For the British visitor to Mallorca, the best language to speak with the locals is Spanish. The Mallorquín language (see below) is difficult to learn and is useful only in Mallorca. If you are interested in travelling also in other parts of Spain, you are better off investing your time and energy in learning Spanish.

Spanish in Mallorca

Particularly in the touristy areas, most Mallorcans can speak pretty good English. However, in my experience, if you speak Spanish in Mallorca, you will make a better impression and be taken a bit more seriously. Who wants to be just another British tourist? Being able to speak some Spanish will mark you out from the crowd and sometimes get you better service. Anyway, I believe it’s rude to go to someone else’s country and expect everybody to speak English. If you can even just use a few words of Spanish, it shows you’ve made an effort and people will respond well.

When I first went to Mallorca, in 2004, I found that when I addressed someone in Spanish they very often answered me in English. This happens to me a lot, in various countries, and I hate it. The interesting thing is that when I was there again towards the end of 2007, not one single person did this in the whole ten days I was there. My feeling is that Mallorcans have got fed up with having to speak English all the time and are thankful when someone talks to them in a language that is native to them.

Spanish is one of the easiest languages for English-speaking people to learn. I’ve been studying it for about five years now, first at a language school and later online and by myself, and I speak it pretty well now. It has hugely enhanced my experience of visiting Mallorca and mainland Spain and, if you want to get to know the real Mallorca, I certainly recommend that you learn a bit of Spanish.

Mallorquín language

Mallorquín is a variant of Catalan, as spoken in Catalonia, the north-east region of mainland Spain. Many people say that Mallorquín is a dialect of Catalan, though the Mallorcans consider it a separate language. Either way, it’s a different language from Spanish, having developed directly from Latin rather than as a dialect of Spanish.
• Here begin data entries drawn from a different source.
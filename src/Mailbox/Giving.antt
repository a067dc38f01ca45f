-- ===== src/Mailbox/Giving.antt =====
-- Which blocks are allocated after one segment has been given back.
use csi_sanlock_lvm.Base.{
  ℕ, zero, suc, ◌-◌, ◌<◌, ◌≡◌, inl, inr, refl, true, false, Option, none, some, ltb, arith,
  Bool-cases, subst,
}
use csi_sanlock_lvm.Allocator.Heap.{shl1}
use csi_sanlock_lvm.Allocator.Positions.{shl1_pos}
use csi_sanlock_lvm.Allocator.Tree.{Tree, whole, used, split, merge, give}
use csi_sanlock_lvm.Allocator.Blocks.{busy}

busy-merge : (d : ℕ) (l r : Tree) (i : ℕ) → busy (suc d) (merge l r) i ≡ busy (suc d) (split l r) i
unfolding busy merge
busy-merge d whole whole i = ground arith
busy-merge d whole used i = refl
busy-merge d whole (split a b) i = refl
busy-merge d used r i = refl
busy-merge d (split a b) r i = refl

-- The segment that was given back was allocated, and no other has become so.
pub record Given (d : ℕ) (t t' : Tree) (o : ℕ) : Type 0 where
  pub was_busy : busy d t o ≡ true
  pub in_range : o < shl1 d
  pub fewer : (i : ℕ) → busy d t' i ≡ true → busy d t i ≡ true

abbrev GivenIn : ℕ → Tree → ℕ → Option Tree → Type 0
GivenIn d t o none = Unit
GivenIn d t o (some t') = Given d t t' o

module _ (d : ℕ) (l r : Tree) (o : ℕ) where
  GivenIn-left :
      (x : Option Tree)
      → ltb o (shl1 d) ≡ true
      → GivenIn d l o x
      → GivenIn (suc d) (split l r) o (elim x [ none ↦ none | some t ↦ some (merge t r) ])
  unfolding busy shl1
  GivenIn-left none low g = tt
  GivenIn-left (some t) low g = record {
    was_busy = ground (arith, g.was_busy);
    in_range = ground (arith, g.in_range);
    fewer = λ i h. ground (arith, g.fewer i, busy-merge d t r i);
  }

  GivenIn-right :
      (x : Option Tree)
      → ltb o (shl1 d) ≡ false
      → GivenIn d r (o - shl1 d) x
      → GivenIn (suc d) (split l r) o (elim x [ none ↦ none | some t ↦ some (merge l t) ])
  unfolding busy shl1
  GivenIn-right none high g = tt
  GivenIn-right (some t) high g = record {
    was_busy = ground (arith, g.was_busy);
    in_range = ground (arith, g.in_range);
    fewer = λ i h. ground (arith, g.fewer (i - shl1 d), busy-merge d l t i);
  }

give-GivenIn : (d : ℕ) (t : Tree) (o : ℕ) → GivenIn d t o (give d t o)
unfolding give
give-GivenIn d whole o = tt
give-GivenIn d used zero = record {
  was_busy = unfold busy in refl;
  in_range = shl1_pos d;
  fewer = λ i h. absurd (unfold busy in cc);
}
give-GivenIn d used (suc o) = tt
give-GivenIn zero (split l r) o = tt
give-GivenIn (suc d) (split l r) o = elim (Bool-cases (ltb o (shl1 d))) [
  | inl low ↦ rw (give, low) (GivenIn-left d l r o (give d l o) low (give-GivenIn d l o))
  | inr high ↦
      rw (give, high)
        (GivenIn-right d l r o (give d r (o - shl1 d)) high (give-GivenIn d r (o - shl1 d)))
]

pub give-Given : (d : ℕ) (t t' : Tree) (o : ℕ) → give d t o ≡ some t' → Given d t t' o
give-Given d t t' o e = subst (GivenIn d t o) e (give-GivenIn d t o)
If you can speak some Spanish, this will certainly be enough to get under the skin of Mallorca. You don’t need to speak Mallorquín. However, since most of the signposts, road signs and so on are written in Mallorquín, it’s useful to recognise some of the words. If you know Spanish, French and/or Italian, you will be able to work out quite a lot of the meaning of written Mallorquín (the spoken language is even more of a challenge!).

Here are some useful Mallorquín words and phrases:

puig mountain peak
camin footpath
carrer street
platja beach
llac lake
pont bridge
pobla village
mirador viewing point, place to see a view
   
perill danger
deixau passar give way
no fumeu no smoking
   
obert open
tancat closed
rebaixes sale(s)
descomptes discounts
mercat market
   
dilluns Monday
dimarts Tuesday
dimecres Wednesday
dijous Thursday
divendres Friday
dissabte Saturday
diumenge Sunday
   
avui today
demà tomorrow
ahir yesterday
   
nord north
sud south
est east
oest west
   
entrada entrance
sortida exit
   
lavabo / toaleta toilet
   
The masculine article el (the) in Spanish is es in Mallorquín and the feminine article la is sa.